[Opening EXCERPTED RECORDS section]
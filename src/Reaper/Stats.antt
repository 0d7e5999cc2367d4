-- ===== src/Reaper/Stats.antt =====
-- reaper/service.py over InMemoryStore: what the numbers say that a sweep returns.
use job_processing_workflow.Prelude.{
  ℕ, ◌+◌, String, Bool, true, false, not, ◌&&◌, ◌≡◌, refl, ◌∙◌, some, none, List, [], ◌∷◌,
  if◌then◌else◌, arith, Bool-cases, Option-cases, inl, inr, lookup, lookup-adjust, nat_key, nat_eq,
  leb, Dict, values, HasDistinctKeys,
}
use job_processing_workflow.Models.{Job, failed, Time, StuckJob, is_running}
use job_processing_workflow.MemoryStore.{
  InMemoryStore, TypeConfig, set_status, requeue, max_attempts, is_stuck, stuck_of, find_stuck,
  requeue_stuck, dead_letter,
}
use job_processing_workflow.MemoryStore.AsStore.{in_memory}
use job_processing_workflow.MemoryStore.Invariant.{IsValid}
use job_processing_workflow.MemoryStore.Invariant.Jobs.{HasIds}
use job_processing_workflow.MemoryStore.Invariant.Operations.{guarded_cases}
use job_processing_workflow.MemoryStore.Invariant.Publishing.{requeue_cases}
use job_processing_workflow.Reaper.{ReapStats, no_stats, reap, reap_all, reap_once}
use job_processing_workflow.Reaper.Memory.{listed, listed_missing}

abbrev pub bit : Bool → ℕ
bit b = if b then 1 else 0

abbrev pub has_reached_cap : Dict String TypeConfig → Job → Bool
has_reached_cap config job = leb (max_attempts config job.job_type) job.attempts

-- Whether the job under `k` runs, and is below the cap of its type, or has reached it.
abbrev pub runs_at : (at_cap : Bool) → InMemoryStore → ℕ → Bool
runs_at at_cap s k = elim (lookup k s.jobs) [
  | none ↦ false
  | some job ↦
      is_running job.status
      && (if at_cap
          then has_reached_cap s.type_config job
          else not (has_reached_cap s.type_config job))
]

module _ (clock : ℕ → Time) (n : ℕ) (stuck : StuckJob) (s : InMemoryStore) (stats : ReapStats) where
  -- What a round adds.
  reap_stats : (reap in_memory clock n stuck (s, stats)).1 ≡ record {
    requeued = stats.requeued + bit (runs_at false s stuck.job_id);
    dead_lettered = stats.dead_lettered + bit (runs_at true s stuck.job_id);
  }
  unfolding reap requeue_stuck dead_letter
  reap_stats = elim (Option-cases (lookup stuck.job_id s.jobs)) [
    | inl missing ↦ ground (arith, missing)
    | inr (job, found) ↦ elim (Bool-cases (is_running job.status)) [
      | inr idle ↦ ground (arith, found, idle)
      | inl runs ↦ elim (Bool-cases (has_reached_cap s.type_config job)) [
        | inl capped ↦ ground (arith, found, runs, capped)
        | inr under ↦ ground (arith, found, runs, under)
      ]
    ]
  ]

  -- A round leaves every other job, and the configurations.
  reap_others :
      let t = (reap in_memory clock n stuck (s, stats)).0 in
      (t.type_config ≡ s.type_config)
      × ((j : ℕ) → nat_eq stuck.job_id j ≡ false → lookup j t.jobs ≡ lookup j s.jobs)
  unfolding reap dead_letter
  reap_others = elim (requeue_cases (clock n) stuck.job_id s) [
    | inl (there, at_j, runs, under, e) ↦ rw e (
      refl,
      λ j other. ground (arith, other, lookup-adjust stuck.job_id j (requeue (clock n)) s.jobs),
    )
    | inr (e, capped) ↦
        elim (guarded_cases is_running (set_status failed (clock (n + 1))) stuck.job_id s) [
          | inl (there, at_j, runs, f) ↦
              rw (e, f)
                (
                  refl,
                  λ j other. ground (
                    arith,
                    other,
                    lookup-adjust stuck.job_id j (set_status failed (clock (n + 1))) s.jobs,
                  ),
                )
          | inr (f, idle) ↦ rw (e, f) (refl, λ j other. refl)
        ]
  ]

abbrev pub tally : (ℕ → Bool) → List StuckJob → ℕ
tally p [] = 0
tally p (stuck ∷ l) = bit (p stuck.job_id) + tally p l

tally_same :
    (p q : ℕ → Bool) (k : ℕ) (l : List StuckJob)
    → listed k l ≡ false
    → ((j : ℕ) → nat_eq k j ≡ false → p j ≡ q j)
    → tally p l ≡ tally q l
tally_same p q k [] h same = refl
tally_same p q k (stuck ∷ l) h same =
    let head : p stuck.job_id ≡ q stuck.job_id = same stuck.job_id (ground (arith, h)) in
    let rest = tally_same p q k l (ground (arith, h)) same in ground (arith, head, rest)

-- No job is listed twice.
abbrev pub Distinct : List StuckJob → Type 0
Distinct [] = Unit
Distinct (stuck ∷ l) = (listed stuck.job_id l ≡ false) × Distinct l

abbrev pub sums : InMemoryStore → List StuckJob → ReapStats → ReapStats
sums s l stats = record {
  requeued = stats.requeued + tally (runs_at false s) l;
  dead_lettered = stats.dead_lettered + tally (runs_at true s) l;
}

pub reap_all_stats :
    (clock : ℕ → Time) (n : ℕ) (l : List StuckJob) (s : InMemoryStore) (stats : ReapStats)
    → Distinct l
    → (reap_all in_memory clock n l (s, stats)).1 ≡ sums s l stats
unfolding reap_all
reap_all_stats clock n [] s stats h = ground arith
reap_all_stats clock n (stuck ∷ l) s stats h =
    let (t, stats') = reap in_memory clock n stuck (s, stats) in
    let (config, others) = reap_others clock n stuck s stats in
    let same = λ (b : Bool).
      tally_same (runs_at b t) (runs_at b s) stuck.job_id l h.0
        (λ j other. ground (arith, config, others j other)) in
    let first = reap_stats clock n stuck s stats in
    reap_all_stats clock (n + 2) l t stats' h.1 ∙ ground (arith, same false, same true, first)

-- The stuck jobs of a sweep are distinct.
pub stuck_of-Distinct :
    (now : Time) (config : Dict String TypeConfig) (bound : ℕ) (d : Dict ℕ Job)
    → HasIds bound d
    → HasDistinctKeys d
    → Distinct (stuck_of now config (values d))
stuck_of-Distinct now config bound [] ids distinct = tt
stuck_of-Distinct now config bound ((j, w) ∷ d) ids distinct =
    elim (Bool-cases (is_stuck now config w)) [
      | inl stuck ↦ rw stuck (
        listed_missing now config w.id bound d ids.2 (ground (arith, ids.0, distinct.0)),
        stuck_of-Distinct now config bound d ids.2 distinct.1,
      )
      | inr fine ↦ rw fine (stuck_of-Distinct now config bound d ids.2 distinct.1)
    ]

-- How many of the jobs are stuck, and are below the cap of their type, or have reached it.
abbrev pub stuck_count : (at_cap : Bool) → Time → Dict String TypeConfig → List Job → ℕ
stuck_count at_cap now config [] = 0
stuck_count at_cap now config (job ∷ jobs) =
    bit (
      is_stuck now config job
      && (if at_cap then has_reached_cap config job else not (has_reached_cap config job)))
    + stuck_count at_cap now config jobs

tally-stuck_of :
    (at_cap : Bool) (now : Time) (s : InMemoryStore) (bound : ℕ) (d : Dict ℕ Job)
    → HasIds bound d
    → HasDistinctKeys d
    → ((k : ℕ) (job : Job) → lookup k d ≡ some job → lookup k s.jobs ≡ some job)
    → tally (runs_at at_cap s) (stuck_of now s.type_config (values d))
      ≡ stuck_count at_cap now s.type_config (values d)
tally-stuck_of at_cap now s bound [] ids distinct within = refl
tally-stuck_of at_cap now s bound ((j, w) ∷ d) ids distinct within =
    let rest =
      tally-stuck_of at_cap now s bound d ids.2 distinct.1
        (λ k job h. within k job (ground (arith, distinct.0, h))) in
    elim (Bool-cases (is_stuck now s.type_config w)) [
      | inl stuck ↦
          let here : lookup w.id s.jobs ≡ some w = within w.id w (ground (arith, ids.0)) in
          ground (arith, stuck, here, rest)
      | inr fine ↦ ground (arith, fine, rest)
    ]

-- A sweep over a well-formed store counts as queued again the jobs that are stuck at the time of
-- find_stuck and are below the cap of their type, and as failed the stuck jobs that have reached it.
pub reap_once_stats :
    (clock : ℕ → Time) (s : InMemoryStore)
    → IsValid s
    → (reap_once in_memory clock s).1 ≡ record {
      requeued = stuck_count false (clock 0) s.type_config (values s.jobs);
      dead_lettered = stuck_count true (clock 0) s.type_config (values s.jobs);
    }
unfolding reap_once find_stuck
reap_once_stats clock s v =
    let count = λ (b : Bool).
      tally-stuck_of b (clock 0) s s.next_job s.jobs v.job_ids v.distinct_jobs (λ k job h. h) in
    reap_all_stats clock 1 (find_stuck (clock 0) s) s no_stats
      (stuck_of-Distinct (clock 0) s.type_config s.next_job s.jobs v.job_ids v.distinct_jobs)
    ∙ ground (arith, count false, count true)
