-- ===== src/Reaper/Order.antt =====
-- reaper/service.py over InMemoryStore: the order in which the stuck jobs are listed. The query of
-- common/db.py asks for none.
use job_processing_workflow.Prelude.{
  ℕ, Bool, true, false, ◌≡◌, refl, sym, ap, subst, ◌∙◌, some, List, arith, lookup, nat_key,
}
use mathlib.Core.List.{Permᴰ}
use mathlib.Core.List.Permᴰ
use job_processing_workflow.Models.{Job, Time, StuckJob}
use job_processing_workflow.MemoryStore.{InMemoryStore, is_stuck, find_stuck, get_job}
use job_processing_workflow.MemoryStore.AsStore.{in_memory}
use job_processing_workflow.MemoryStore.Invariant.{IsValid}
use job_processing_workflow.Reaper.{no_stats, reap_all, reap_once}
use job_processing_workflow.Reaper.Memory.{Swept, listed, reap_all-Swept, listed-stuck_of}
use job_processing_workflow.Reaper.Stats.{
  bit, tally, Distinct, runs_at, reap_all_stats, stuck_of-Distinct,
}

listed-perm : {l m : List StuckJob} (k : ℕ) → Permᴰ l m → listed k l ≡ listed k m
listed-perm k Permᴰ.nil = refl
listed-perm k (Permᴰ.cons e p) = ground (arith, e, listed-perm k p)
listed-perm k (Permᴰ.swap e f) = ground (arith, e, f)
listed-perm k (Permᴰ.trans p q) = listed-perm k p ∙ listed-perm k q

abbrev weight : (ℕ → Bool) → StuckJob → ℕ
weight p stuck = bit (p stuck.job_id)

tally-perm : {l m : List StuckJob} (p : ℕ → Bool) → Permᴰ l m → tally p l ≡ tally p m
tally-perm p Permᴰ.nil = refl
tally-perm p (Permᴰ.cons e q) = omega (arith, ap (weight p) e, tally-perm p q)
tally-perm p (Permᴰ.swap e f) = omega (arith, ap (weight p) e, ap (weight p) f)
tally-perm p (Permᴰ.trans q r) = tally-perm p q ∙ tally-perm p r

abbrev id_of : StuckJob → ℕ
id_of stuck = stuck.job_id

Distinct-perm : {l m : List StuckJob} → Permᴰ l m → Distinct l → Distinct m
Distinct-perm Permᴰ.nil h = tt
Distinct-perm (Permᴰ.cons {a} {b} e p) h =
    (ground (arith, ap id_of e, h.0, listed-perm a.job_id p), Distinct-perm p h.1)
Distinct-perm (Permᴰ.swap {a} {b} {a'} {b'} {l} e f) h =
    (ground (arith, ap id_of e, ap id_of f, h.0, h.1.0), (ground (arith, ap id_of e, h.0), h.1.1))
Distinct-perm (Permᴰ.trans p q) h = Distinct-perm q (Distinct-perm p h)

-- A sweep over a well-formed store that goes through the stuck jobs in whatever order, for instance
-- in that in which a database gives them: it returns the numbers that a sweep in the order of
-- find_stuck returns, and it recovers the same jobs, by the same rule, and leaves every other job.
pub reap_all-Permutes :
    (clock : ℕ → Time) (s : InMemoryStore) (l : List StuckJob)
    → IsValid s
    → Permᴰ l (find_stuck (clock 0) s)
    → let r = reap_all in_memory clock 1 l (s, no_stats) in
      (r.1 ≡ (reap_once in_memory clock s).1)
      × ((k : ℕ) (job : Job)
          → get_job k s ≡ some job
          → Swept (is_stuck (clock 0) s.type_config job) s.type_config job (get_job k r.0))
unfolding reap_once find_stuck get_job
reap_all-Permutes clock s l v p =
    let rows = find_stuck (clock 0) s in
    let distinct =
      stuck_of-Distinct (clock 0) s.type_config s.next_job s.jobs v.job_ids v.distinct_jobs in
    let same = λ (b : Bool). tally-perm (runs_at b s) p in
    (
      reap_all_stats clock 1 l s no_stats (Distinct-perm (Permᴰ.symm p) distinct)
          ∙ (ground (arith, same false, same true)
              ∙ sym (reap_all_stats clock 1 rows s no_stats distinct)),
      λ k job found.
          let (_, sw) = reap_all-Swept clock k 1 l s no_stats job found in
          subst
            (λ b.
              Swept b s.type_config job
                (lookup k (reap_all in_memory clock 1 l (s, no_stats)).0.jobs))
            (ground (
              arith,
              listed-perm k p,
              listed-stuck_of (clock 0) s.type_config k s.next_job s.jobs job v.job_ids
                  v.distinct_jobs found,
            ))
            sw,
    )
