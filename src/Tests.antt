-- ===== src/Tests.antt =====
-- Runs of the model on small inputs, and the theorems at concrete inputs.
mod Samples
mod Stores
mod Components
mod Database
mod Requests
mod Services
mod Journeys
mod Loops
mod Messages
mod Applications
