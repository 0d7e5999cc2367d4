-- ===== src/Tests/Samples.antt =====
-- Stores that the components of the orchestrator produce from a few calls.
use job_processing_workflow.Prelude.{some, none, [], ◌∷◌, lookup, nat_key, ◌≡◌, refl}
use job_processing_workflow.Models.{Payload, text, Job, queued, running}
use job_processing_workflow.MemoryStore.{
  InMemoryStore, empty_store, set_type_config, enqueue, active, claim,
}
use job_processing_workflow.MemoryStore.Invariant.{IsValid}
use job_processing_workflow.MemoryStore.Invariant.Enqueue.{empty_store-IsValid}
use job_processing_workflow.MemoryStore.Steps.{
  Reach, here, next, configures, enqueues, claims, Reach-IsValid,
}

abbrev pub base : Payload
base = ("name", text "Ada") ∷ ("lang", text "en") ∷ []

abbrev pub input : Payload
input = ("name", text "Grace") ∷ []

-- A type with a timeout of one second and at most two attempts.
abbrev pub configured : InMemoryStore
configured = set_type_config "hello" 1_000_000 2 (some base) empty_store

-- One queued job.
abbrev pub waiting : InMemoryStore
waiting = (enqueue 10 10 "hello" (some input) none configured).0

-- The same job, claimed.
abbrev pub claimed : InMemoryStore
claimed = (claim 20 1 waiting).0

pub waiting-Reach : Reach empty_store waiting
waiting-Reach =
    next (next here (configures "hello" 1_000_000 2 (some base)))
      (enqueues 10 10 "hello" (some input) none)

pub claimed-Reach : Reach empty_store claimed
claimed-Reach = next waiting-Reach (claims 20 1)

pub waiting-IsValid : IsValid waiting
waiting-IsValid = Reach-IsValid empty_store-IsValid waiting-Reach

pub claimed-IsValid : IsValid claimed
claimed-IsValid = Reach-IsValid empty_store-IsValid claimed-Reach

abbrev pub waiting_job : Job
waiting_job = record {
  id = 1;
  job_type = "hello";
  status = queued;
  input_payload = input;
  payload = [];
  attempts = 0;
  created_at = 10;
  updated_at = 10;
  created_by = none;
}

abbrev pub claimed_job : Job
claimed_job = record waiting_job { status = running; updated_at = 20 }

pub waiting_found : lookup 1 waiting.jobs ≡ some waiting_job
unfolding set_type_config enqueue active
waiting_found = refl

pub claimed_found : lookup 1 claimed.jobs ≡ some claimed_job
unfolding set_type_config enqueue active claim
claimed_found = refl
[Closing EXCERPTED RECORDS section]
## WHAT YOU HAVE TO DO
All that is wanted is a faithful reproduction of the line above with "requeued = stuck_count", the line with "let count = λ (b : Bool).", and every line in between.

## WRITTEN RESPONSE
      requeued = stuck_count false (clock 0) s.type_config (values s.jobs);
      dead_lettered = stuck_count true (clock 0) s.type_config (values s.jobs);
    }
unfolding reap_once find_stuck
reap_once_stats clock s v =
    let count = λ (b : Bool).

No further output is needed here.